Segment Open
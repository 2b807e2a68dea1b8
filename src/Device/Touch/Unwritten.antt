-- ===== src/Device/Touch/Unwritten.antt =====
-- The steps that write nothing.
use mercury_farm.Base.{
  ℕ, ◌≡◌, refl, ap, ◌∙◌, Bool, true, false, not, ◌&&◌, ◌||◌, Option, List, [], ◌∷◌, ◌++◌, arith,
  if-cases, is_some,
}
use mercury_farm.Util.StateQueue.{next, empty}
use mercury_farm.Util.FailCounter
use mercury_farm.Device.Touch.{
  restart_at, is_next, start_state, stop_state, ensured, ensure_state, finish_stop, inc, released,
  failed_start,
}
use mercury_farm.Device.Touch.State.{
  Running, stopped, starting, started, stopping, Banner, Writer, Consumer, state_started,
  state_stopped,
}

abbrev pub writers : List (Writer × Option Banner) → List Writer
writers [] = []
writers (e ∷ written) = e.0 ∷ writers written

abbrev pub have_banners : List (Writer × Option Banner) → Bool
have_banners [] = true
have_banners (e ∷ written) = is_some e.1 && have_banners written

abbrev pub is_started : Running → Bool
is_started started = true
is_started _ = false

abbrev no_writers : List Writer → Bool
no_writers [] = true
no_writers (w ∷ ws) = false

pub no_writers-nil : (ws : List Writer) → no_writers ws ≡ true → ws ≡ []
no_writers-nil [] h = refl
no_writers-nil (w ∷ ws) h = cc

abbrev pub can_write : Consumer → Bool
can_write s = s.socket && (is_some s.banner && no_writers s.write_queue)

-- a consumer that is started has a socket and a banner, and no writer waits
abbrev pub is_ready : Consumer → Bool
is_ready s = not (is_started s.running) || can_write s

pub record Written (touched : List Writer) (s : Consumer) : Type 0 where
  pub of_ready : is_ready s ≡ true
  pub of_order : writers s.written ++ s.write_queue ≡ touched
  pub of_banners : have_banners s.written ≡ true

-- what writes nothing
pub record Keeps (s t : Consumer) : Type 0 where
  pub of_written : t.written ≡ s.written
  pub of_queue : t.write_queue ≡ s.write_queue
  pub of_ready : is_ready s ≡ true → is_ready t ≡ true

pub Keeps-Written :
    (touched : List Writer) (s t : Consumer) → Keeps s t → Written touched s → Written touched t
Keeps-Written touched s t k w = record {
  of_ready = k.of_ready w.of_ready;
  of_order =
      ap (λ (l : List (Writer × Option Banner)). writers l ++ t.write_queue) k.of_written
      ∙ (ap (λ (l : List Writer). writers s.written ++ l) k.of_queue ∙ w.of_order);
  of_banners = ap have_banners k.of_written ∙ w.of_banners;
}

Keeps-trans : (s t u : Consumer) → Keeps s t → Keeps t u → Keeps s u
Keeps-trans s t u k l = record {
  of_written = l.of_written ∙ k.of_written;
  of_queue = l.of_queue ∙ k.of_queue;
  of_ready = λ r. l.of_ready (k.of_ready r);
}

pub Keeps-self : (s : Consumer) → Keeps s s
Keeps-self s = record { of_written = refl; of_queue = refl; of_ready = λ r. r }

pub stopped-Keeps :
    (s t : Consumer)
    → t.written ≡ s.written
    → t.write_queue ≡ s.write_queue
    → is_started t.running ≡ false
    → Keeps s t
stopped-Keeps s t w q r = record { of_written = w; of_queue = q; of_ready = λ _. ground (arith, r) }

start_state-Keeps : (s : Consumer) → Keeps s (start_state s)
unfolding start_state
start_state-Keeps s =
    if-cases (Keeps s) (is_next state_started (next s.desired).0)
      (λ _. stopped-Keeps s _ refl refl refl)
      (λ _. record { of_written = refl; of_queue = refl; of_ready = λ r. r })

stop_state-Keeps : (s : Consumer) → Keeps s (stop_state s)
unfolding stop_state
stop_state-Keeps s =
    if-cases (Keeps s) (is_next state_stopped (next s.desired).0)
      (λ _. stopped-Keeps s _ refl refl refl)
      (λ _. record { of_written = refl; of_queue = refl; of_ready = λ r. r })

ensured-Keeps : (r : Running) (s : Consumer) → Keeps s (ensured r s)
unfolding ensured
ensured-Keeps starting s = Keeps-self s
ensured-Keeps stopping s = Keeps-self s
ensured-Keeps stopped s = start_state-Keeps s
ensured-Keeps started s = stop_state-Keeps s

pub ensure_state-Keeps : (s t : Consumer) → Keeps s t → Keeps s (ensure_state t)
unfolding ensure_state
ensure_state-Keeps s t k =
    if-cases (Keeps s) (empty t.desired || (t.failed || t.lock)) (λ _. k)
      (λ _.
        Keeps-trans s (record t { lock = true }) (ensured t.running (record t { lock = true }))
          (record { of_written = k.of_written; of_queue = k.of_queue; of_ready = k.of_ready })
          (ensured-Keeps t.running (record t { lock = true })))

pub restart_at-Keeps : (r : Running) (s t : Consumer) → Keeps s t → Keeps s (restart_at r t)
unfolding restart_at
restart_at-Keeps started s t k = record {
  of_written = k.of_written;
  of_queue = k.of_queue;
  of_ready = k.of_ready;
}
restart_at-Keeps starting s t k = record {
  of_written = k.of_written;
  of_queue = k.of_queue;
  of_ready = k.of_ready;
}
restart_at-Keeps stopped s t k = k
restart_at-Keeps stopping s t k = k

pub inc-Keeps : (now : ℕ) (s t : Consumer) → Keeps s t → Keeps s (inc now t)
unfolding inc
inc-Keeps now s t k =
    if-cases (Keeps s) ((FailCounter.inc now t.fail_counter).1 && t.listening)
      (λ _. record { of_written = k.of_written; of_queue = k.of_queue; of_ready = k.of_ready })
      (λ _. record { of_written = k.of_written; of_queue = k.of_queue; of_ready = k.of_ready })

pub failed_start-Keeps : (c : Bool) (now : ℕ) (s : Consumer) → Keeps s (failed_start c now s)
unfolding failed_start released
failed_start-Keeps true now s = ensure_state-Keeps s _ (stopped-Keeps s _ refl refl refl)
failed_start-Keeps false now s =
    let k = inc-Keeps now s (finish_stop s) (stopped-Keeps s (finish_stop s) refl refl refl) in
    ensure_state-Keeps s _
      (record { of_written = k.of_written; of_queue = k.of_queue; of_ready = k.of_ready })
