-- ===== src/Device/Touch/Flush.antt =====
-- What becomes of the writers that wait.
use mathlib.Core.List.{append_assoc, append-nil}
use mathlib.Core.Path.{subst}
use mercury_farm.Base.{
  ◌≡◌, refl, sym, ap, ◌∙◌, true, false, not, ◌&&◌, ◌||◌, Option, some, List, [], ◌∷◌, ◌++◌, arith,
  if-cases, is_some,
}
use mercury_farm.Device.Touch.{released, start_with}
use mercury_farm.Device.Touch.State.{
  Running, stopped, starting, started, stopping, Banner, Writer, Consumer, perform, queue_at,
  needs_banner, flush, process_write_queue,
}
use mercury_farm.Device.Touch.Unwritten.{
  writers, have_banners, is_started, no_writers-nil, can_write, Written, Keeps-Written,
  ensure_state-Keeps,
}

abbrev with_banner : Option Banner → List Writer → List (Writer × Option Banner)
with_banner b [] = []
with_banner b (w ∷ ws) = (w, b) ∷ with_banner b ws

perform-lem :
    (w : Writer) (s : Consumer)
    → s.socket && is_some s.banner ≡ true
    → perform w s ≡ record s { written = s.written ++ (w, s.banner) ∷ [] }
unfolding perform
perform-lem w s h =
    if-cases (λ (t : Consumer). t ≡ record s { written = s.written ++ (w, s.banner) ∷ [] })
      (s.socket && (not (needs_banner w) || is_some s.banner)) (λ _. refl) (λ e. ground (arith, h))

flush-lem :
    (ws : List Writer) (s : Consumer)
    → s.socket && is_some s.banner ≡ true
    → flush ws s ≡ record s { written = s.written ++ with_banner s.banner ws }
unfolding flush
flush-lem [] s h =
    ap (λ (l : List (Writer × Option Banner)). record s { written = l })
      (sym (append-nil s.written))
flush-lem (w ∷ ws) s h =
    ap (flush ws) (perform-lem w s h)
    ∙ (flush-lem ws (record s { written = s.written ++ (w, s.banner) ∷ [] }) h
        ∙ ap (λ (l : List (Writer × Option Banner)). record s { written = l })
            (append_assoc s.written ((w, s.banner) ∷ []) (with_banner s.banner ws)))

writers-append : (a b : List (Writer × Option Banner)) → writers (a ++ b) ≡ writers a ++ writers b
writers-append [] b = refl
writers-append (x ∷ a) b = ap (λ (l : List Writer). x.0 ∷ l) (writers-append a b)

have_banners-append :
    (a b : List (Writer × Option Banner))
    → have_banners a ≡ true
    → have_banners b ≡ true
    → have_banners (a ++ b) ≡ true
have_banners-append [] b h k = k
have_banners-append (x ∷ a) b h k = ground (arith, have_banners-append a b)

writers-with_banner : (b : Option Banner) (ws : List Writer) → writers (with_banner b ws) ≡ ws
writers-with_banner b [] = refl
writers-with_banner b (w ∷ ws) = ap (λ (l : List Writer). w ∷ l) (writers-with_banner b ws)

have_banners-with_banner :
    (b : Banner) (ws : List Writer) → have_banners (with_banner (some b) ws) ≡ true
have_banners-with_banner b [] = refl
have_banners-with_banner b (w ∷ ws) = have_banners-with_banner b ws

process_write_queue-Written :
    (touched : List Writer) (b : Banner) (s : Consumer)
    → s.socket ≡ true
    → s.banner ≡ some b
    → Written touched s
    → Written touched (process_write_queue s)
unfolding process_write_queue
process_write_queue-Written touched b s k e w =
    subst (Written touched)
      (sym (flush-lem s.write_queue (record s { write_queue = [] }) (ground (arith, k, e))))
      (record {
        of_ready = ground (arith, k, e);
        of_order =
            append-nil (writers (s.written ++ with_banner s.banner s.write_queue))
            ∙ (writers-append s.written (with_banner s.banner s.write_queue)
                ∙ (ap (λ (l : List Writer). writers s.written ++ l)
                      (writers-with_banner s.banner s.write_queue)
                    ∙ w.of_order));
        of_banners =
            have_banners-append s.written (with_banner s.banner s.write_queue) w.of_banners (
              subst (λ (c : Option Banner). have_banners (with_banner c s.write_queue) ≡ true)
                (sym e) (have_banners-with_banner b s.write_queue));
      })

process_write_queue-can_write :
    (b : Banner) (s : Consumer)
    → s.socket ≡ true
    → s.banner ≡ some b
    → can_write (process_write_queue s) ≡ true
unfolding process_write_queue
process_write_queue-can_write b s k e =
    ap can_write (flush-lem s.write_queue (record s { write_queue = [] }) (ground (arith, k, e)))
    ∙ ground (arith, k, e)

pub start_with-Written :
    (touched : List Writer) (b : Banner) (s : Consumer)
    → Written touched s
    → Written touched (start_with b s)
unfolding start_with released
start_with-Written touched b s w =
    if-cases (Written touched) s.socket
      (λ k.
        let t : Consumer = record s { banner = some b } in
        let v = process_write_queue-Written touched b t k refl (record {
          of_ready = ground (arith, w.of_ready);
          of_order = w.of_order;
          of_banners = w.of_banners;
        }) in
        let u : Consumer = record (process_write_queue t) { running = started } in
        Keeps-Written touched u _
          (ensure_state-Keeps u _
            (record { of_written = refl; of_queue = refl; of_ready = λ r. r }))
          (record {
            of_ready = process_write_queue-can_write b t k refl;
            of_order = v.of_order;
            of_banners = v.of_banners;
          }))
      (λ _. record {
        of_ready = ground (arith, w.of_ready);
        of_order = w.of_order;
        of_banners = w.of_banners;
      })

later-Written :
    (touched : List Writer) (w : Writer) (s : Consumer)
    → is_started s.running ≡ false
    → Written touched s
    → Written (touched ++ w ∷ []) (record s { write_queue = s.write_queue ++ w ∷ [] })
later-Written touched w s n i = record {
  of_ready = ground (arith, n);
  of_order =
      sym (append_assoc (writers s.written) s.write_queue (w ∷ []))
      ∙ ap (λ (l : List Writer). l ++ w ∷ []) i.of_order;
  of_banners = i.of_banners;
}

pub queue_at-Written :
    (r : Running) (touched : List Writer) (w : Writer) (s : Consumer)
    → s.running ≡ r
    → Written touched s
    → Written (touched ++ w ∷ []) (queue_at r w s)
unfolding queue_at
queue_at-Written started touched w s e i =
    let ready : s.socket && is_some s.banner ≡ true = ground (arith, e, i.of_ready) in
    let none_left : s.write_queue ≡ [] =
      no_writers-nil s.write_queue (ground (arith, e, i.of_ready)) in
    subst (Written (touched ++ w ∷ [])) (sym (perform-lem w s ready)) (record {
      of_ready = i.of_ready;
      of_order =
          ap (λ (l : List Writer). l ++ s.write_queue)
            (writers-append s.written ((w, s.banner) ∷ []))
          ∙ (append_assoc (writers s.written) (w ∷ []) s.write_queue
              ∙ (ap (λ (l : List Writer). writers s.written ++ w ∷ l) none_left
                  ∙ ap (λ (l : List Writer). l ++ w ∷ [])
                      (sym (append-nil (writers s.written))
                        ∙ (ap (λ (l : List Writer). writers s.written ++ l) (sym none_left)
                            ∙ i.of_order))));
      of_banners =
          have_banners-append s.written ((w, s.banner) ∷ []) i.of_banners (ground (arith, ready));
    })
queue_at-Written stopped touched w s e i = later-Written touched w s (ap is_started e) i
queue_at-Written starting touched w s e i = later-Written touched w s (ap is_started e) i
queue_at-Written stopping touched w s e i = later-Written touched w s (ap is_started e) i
Segment Closed
• **YOUR OBJECTIVE**:
After reading through the material, report every line that holds "Bool".

• **ANSWER SPACE**:
  ℕ, ◌≡◌, refl, ap, ◌∙◌, Bool, true, false, not, ◌&&◌, ◌||◌, Option, List, [], ◌∷◌, ◌++◌, arith,
abbrev pub have_banners : List (Writer × Option Banner) → Bool
abbrev pub is_started : Running → Bool
abbrev no_writers : List Writer → Bool
abbrev pub can_write : Consumer → Bool
abbrev pub is_ready : Consumer → Bool
pub failed_start-Keeps : (c : Bool) (now : ℕ) (s : Consumer) → Keeps s (failed_start c now s)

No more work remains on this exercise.